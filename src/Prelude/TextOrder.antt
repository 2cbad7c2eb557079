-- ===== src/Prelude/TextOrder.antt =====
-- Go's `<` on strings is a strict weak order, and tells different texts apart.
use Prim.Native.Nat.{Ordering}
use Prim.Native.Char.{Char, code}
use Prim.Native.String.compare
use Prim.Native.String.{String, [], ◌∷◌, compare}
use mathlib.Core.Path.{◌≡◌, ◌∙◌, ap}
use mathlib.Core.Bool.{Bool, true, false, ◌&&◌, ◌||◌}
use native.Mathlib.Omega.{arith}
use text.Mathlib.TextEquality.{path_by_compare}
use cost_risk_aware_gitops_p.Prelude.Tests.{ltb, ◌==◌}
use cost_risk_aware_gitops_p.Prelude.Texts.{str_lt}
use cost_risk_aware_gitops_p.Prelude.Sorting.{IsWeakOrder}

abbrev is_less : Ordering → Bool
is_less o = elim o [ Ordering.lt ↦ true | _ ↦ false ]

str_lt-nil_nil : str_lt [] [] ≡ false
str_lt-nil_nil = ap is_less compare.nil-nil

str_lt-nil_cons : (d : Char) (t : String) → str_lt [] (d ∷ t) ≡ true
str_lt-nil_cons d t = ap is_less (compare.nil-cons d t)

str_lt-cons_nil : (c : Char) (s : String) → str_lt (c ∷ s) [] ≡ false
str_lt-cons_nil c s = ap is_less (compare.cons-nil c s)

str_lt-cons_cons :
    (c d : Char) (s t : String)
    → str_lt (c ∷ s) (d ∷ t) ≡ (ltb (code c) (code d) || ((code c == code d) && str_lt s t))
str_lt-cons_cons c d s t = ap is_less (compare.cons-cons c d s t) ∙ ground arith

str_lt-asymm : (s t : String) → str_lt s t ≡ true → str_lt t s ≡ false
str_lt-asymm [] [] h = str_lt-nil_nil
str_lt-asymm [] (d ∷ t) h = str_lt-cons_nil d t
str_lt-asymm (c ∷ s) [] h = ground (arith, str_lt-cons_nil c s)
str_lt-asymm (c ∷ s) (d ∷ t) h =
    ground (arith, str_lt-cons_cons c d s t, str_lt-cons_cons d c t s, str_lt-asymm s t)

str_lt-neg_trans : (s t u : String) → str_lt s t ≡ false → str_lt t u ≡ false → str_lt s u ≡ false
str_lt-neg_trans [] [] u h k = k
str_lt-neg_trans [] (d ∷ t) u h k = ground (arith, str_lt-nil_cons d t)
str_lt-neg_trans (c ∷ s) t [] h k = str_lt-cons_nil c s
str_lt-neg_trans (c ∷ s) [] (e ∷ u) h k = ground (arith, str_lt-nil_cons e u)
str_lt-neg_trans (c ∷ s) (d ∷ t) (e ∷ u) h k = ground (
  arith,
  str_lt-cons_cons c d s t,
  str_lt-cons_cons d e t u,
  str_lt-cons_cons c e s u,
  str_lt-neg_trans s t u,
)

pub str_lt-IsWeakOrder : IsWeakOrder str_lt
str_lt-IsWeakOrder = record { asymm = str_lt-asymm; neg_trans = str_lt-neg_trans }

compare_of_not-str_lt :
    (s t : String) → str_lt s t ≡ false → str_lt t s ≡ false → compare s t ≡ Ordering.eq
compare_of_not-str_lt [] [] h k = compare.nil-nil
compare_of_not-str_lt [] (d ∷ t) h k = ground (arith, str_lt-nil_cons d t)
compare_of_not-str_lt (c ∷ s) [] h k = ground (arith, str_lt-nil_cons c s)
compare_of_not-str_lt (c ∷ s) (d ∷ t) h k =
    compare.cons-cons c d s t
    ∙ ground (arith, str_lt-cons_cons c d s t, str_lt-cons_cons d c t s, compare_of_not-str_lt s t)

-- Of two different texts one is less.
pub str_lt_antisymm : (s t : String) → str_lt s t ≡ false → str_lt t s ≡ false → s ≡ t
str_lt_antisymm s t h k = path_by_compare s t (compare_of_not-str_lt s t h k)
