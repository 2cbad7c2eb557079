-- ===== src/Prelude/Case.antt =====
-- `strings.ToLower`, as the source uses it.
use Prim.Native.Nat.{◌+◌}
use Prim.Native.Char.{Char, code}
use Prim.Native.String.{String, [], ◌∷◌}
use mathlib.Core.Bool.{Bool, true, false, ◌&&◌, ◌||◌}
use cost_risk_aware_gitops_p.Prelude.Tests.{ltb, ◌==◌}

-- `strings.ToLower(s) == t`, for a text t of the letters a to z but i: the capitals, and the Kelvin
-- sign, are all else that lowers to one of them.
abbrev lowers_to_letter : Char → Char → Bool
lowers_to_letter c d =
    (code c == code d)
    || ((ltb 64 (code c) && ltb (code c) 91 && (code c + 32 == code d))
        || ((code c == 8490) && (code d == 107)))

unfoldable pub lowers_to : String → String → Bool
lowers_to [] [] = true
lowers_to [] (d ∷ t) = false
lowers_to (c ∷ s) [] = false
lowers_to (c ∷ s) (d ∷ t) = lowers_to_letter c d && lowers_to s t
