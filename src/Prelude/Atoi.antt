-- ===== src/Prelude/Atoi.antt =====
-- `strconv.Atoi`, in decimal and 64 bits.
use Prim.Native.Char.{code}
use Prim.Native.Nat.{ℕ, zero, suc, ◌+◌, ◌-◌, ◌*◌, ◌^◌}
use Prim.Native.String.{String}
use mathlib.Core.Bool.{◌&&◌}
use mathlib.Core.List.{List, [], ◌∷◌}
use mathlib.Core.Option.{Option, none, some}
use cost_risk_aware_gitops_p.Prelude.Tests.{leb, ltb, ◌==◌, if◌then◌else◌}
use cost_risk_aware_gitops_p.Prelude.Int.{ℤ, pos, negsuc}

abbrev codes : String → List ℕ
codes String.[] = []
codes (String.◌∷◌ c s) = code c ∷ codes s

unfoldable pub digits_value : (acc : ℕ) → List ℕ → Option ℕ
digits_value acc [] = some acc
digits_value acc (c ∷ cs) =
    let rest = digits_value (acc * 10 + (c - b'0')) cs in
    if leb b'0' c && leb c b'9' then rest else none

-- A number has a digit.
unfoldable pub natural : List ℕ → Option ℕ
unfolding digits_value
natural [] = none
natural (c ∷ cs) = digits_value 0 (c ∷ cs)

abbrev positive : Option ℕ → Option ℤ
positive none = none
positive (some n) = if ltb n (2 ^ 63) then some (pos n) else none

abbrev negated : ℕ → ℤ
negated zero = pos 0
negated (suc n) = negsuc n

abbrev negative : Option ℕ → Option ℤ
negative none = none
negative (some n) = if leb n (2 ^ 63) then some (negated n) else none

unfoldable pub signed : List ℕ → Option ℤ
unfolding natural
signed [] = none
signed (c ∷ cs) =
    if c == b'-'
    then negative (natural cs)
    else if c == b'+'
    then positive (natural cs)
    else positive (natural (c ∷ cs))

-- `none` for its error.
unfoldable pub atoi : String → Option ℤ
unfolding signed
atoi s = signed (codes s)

**The problem**
Output the records above in full, with nothing altered.

**Result below**
filename src/Prelude/TextOrder.antt
repository 2cbad7c2eb557079
-- ===== src/Prelude/TextOrder.antt =====
-- Go's `<` on strings is a strict weak order, and tells different texts apart.
use Prim.Native.Nat.{Ordering}
use Prim.Native.Char.{Char, code}
use Prim.Native.String.compare
use Prim.Native.String.{String, [], ◌∷◌, compare}
use mathlib.Core.Path.{◌≡◌, ◌∙◌, ap}
use mathlib.Core.Bool.{Bool, true, false, ◌&&◌, ◌||◌}
use native.Mathlib.Omega.{arith}
use text.Mathlib.TextEquality.{path_by_compare}
use cost_risk_aware_gitops_p.Prelude.Tests.{ltb, ◌==◌}
use cost_risk_aware_gitops_p.Prelude.Texts.{str_lt}
use cost_risk_aware_gitops_p.Prelude.Sorting.{IsWeakOrder}

abbrev is_less : Ordering → Bool
is_less o = elim o [ Ordering.lt ↦ true | _ ↦ false ]

str_lt-nil_nil : str_lt [] [] ≡ false
str_lt-nil_nil = ap is_less compare.nil-nil

str_lt-nil_cons : (d : Char) (t : String) → str_lt [] (d ∷ t) ≡ true
str_lt-nil_cons d t = ap is_less (compare.nil-cons d t)

str_lt-cons_nil : (c : Char) (s : String) → str_lt (c ∷ s) [] ≡ false
str_lt-cons_nil c s = ap is_less (compare.cons-nil c s)

str_lt-cons_cons :
    (c d : Char) (s t : String)
    → str_lt (c ∷ s) (d ∷ t) ≡ (ltb (code c) (code d) || ((code c == code d) && str_lt s t))
str_lt-cons_cons c d s t = ap is_less (compare.cons-cons c d s t) ∙ ground arith

str_lt-asymm : (s t : String) → str_lt s t ≡ true → str_lt t s ≡ false
str_lt-asymm [] [] h = str_lt-nil_nil
str_lt-asymm [] (d ∷ t) h = str_lt-cons_nil d t
str_lt-asymm (c ∷ s) [] h = ground (arith, str_lt-cons_nil c s)
str_lt-asymm (c ∷ s) (d ∷ t) h =
    ground (arith, str_lt-cons_cons c d s t, str_lt-cons_cons d c t s, str_lt-asymm s t)

str_lt-neg_trans : (s t u : String) → str_lt s t ≡ false → str_lt t u ≡ false → str_lt s u ≡ false
str_lt-neg_trans [] [] u h k = k
str_lt-neg_trans [] (d ∷ t) u h k = ground (arith, str_lt-nil_cons d t)
str_lt-neg_trans (c ∷ s) t [] h k = str_lt-cons_nil c s
str_lt-neg_trans (c ∷ s) [] (e ∷ u) h k = ground (arith, str_lt-nil_cons e u)
str_lt-neg_trans (c ∷ s) (d ∷ t) (e ∷ u) h k = ground (
  arith,
  str_lt-cons_cons c d s t,
  str_lt-cons_cons d e t u,
  str_lt-cons_cons c e s u,
  str_lt-neg_trans s t u,
)

pub str_lt-IsWeakOrder : IsWeakOrder str_lt
str_lt-IsWeakOrder = record { asymm = str_lt-asymm; neg_trans = str_lt-neg_trans }

compare_of_not-str_lt :
    (s t : String) → str_lt s t ≡ false → str_lt t s ≡ false → compare s t ≡ Ordering.eq
compare_of_not-str_lt [] [] h k = compare.nil-nil
compare_of_not-str_lt [] (d ∷ t) h k = ground (arith, str_lt-nil_cons d t)
compare_of_not-str_lt (c ∷ s) [] h k = ground (arith, str_lt-nil_cons c s)
compare_of_not-str_lt (c ∷ s) (d ∷ t) h k =
    compare.cons-cons c d s t
    ∙ ground (arith, str_lt-cons_cons c d s t, str_lt-cons_cons d c t s, compare_of_not-str_lt s t)

-- Of two different texts one is less.
pub str_lt_antisymm : (s t : String) → str_lt s t ≡ false → str_lt t s ≡ false → s ≡ t
str_lt_antisymm s t h k = path_by_compare s t (compare_of_not-str_lt s t h k)
repository 2cbad7c2eb557079
-- ===== src/Prelude/Case.antt =====
-- `strings.ToLower`, as the source uses it.
use Prim.Native.Nat.{◌+◌}
use Prim.Native.Char.{Char, code}
use Prim.Native.String.{String, [], ◌∷◌}
use mathlib.Core.Bool.{Bool, true, false, ◌&&◌, ◌||◌}
use cost_risk_aware_gitops_p.Prelude.Tests.{ltb, ◌==◌}

-- `strings.ToLower(s) == t`, for a text t of the letters a to z but i: the capitals, and the Kelvin
-- sign, are all else that lowers to one of them.
abbrev lowers_to_letter : Char → Char → Bool
lowers_to_letter c d =
    (code c == code d)
    || ((ltb 64 (code c) && ltb (code c) 91 && (code c + 32 == code d))
        || ((code c == 8490) && (code d == 107)))

unfoldable pub lowers_to : String → String → Bool
lowers_to [] [] = true
lowers_to [] (d ∷ t) = false
lowers_to (c ∷ s) [] = false
lowers_to (c ∷ s) (d ∷ t) = lowers_to_letter c d && lowers_to s t
filename src/Prelude/Atoi.antt
-- ===== src/Prelude/Atoi.antt =====
-- `strconv.Atoi`, in decimal and 64 bits.
use Prim.Native.Char.{code}
use Prim.Native.Nat.{ℕ, zero, suc, ◌+◌, ◌-◌, ◌*◌, ◌^◌}
use Prim.Native.String.{String}
use mathlib.Core.Bool.{◌&&◌}
use mathlib.Core.List.{List, [], ◌∷◌}
use mathlib.Core.Option.{Option, none, some}
use cost_risk_aware_gitops_p.Prelude.Tests.{leb, ltb, ◌==◌, if◌then◌else◌}
use cost_risk_aware_gitops_p.Prelude.Int.{ℤ, pos, negsuc}

abbrev codes : String → List ℕ
codes String.[] = []
codes (String.◌∷◌ c s) = code c ∷ codes s

unfoldable pub digits_value : (acc : ℕ) → List ℕ → Option ℕ
digits_value acc [] = some acc
digits_value acc (c ∷ cs) =
    let rest = digits_value (acc * 10 + (c - b'0')) cs in
    if leb b'0' c && leb c b'9' then rest else none

-- A number has a digit.
unfoldable pub natural : List ℕ → Option ℕ
unfolding digits_value
natural [] = none
natural (c ∷ cs) = digits_value 0 (c ∷ cs)

abbrev positive : Option ℕ → Option ℤ
positive none = none
positive (some n) = if ltb n (2 ^ 63) then some (pos n) else none

abbrev negated : ℕ → ℤ
negated zero = pos 0
negated (suc n) = negsuc n

abbrev negative : Option ℕ → Option ℤ
negative none = none
negative (some n) = if leb n (2 ^ 63) then some (negated n) else none

unfoldable pub signed : List ℕ → Option ℤ
unfolding natural
signed [] = none
signed (c ∷ cs) =
    if c == b'-'
    then negative (natural cs)
    else if c == b'+'
    then positive (natural cs)
    else positive (natural (c ∷ cs))

-- `none` for its error.
unfoldable pub atoi : String → Option ℤ
unfolding signed
atoi s = signed (codes s)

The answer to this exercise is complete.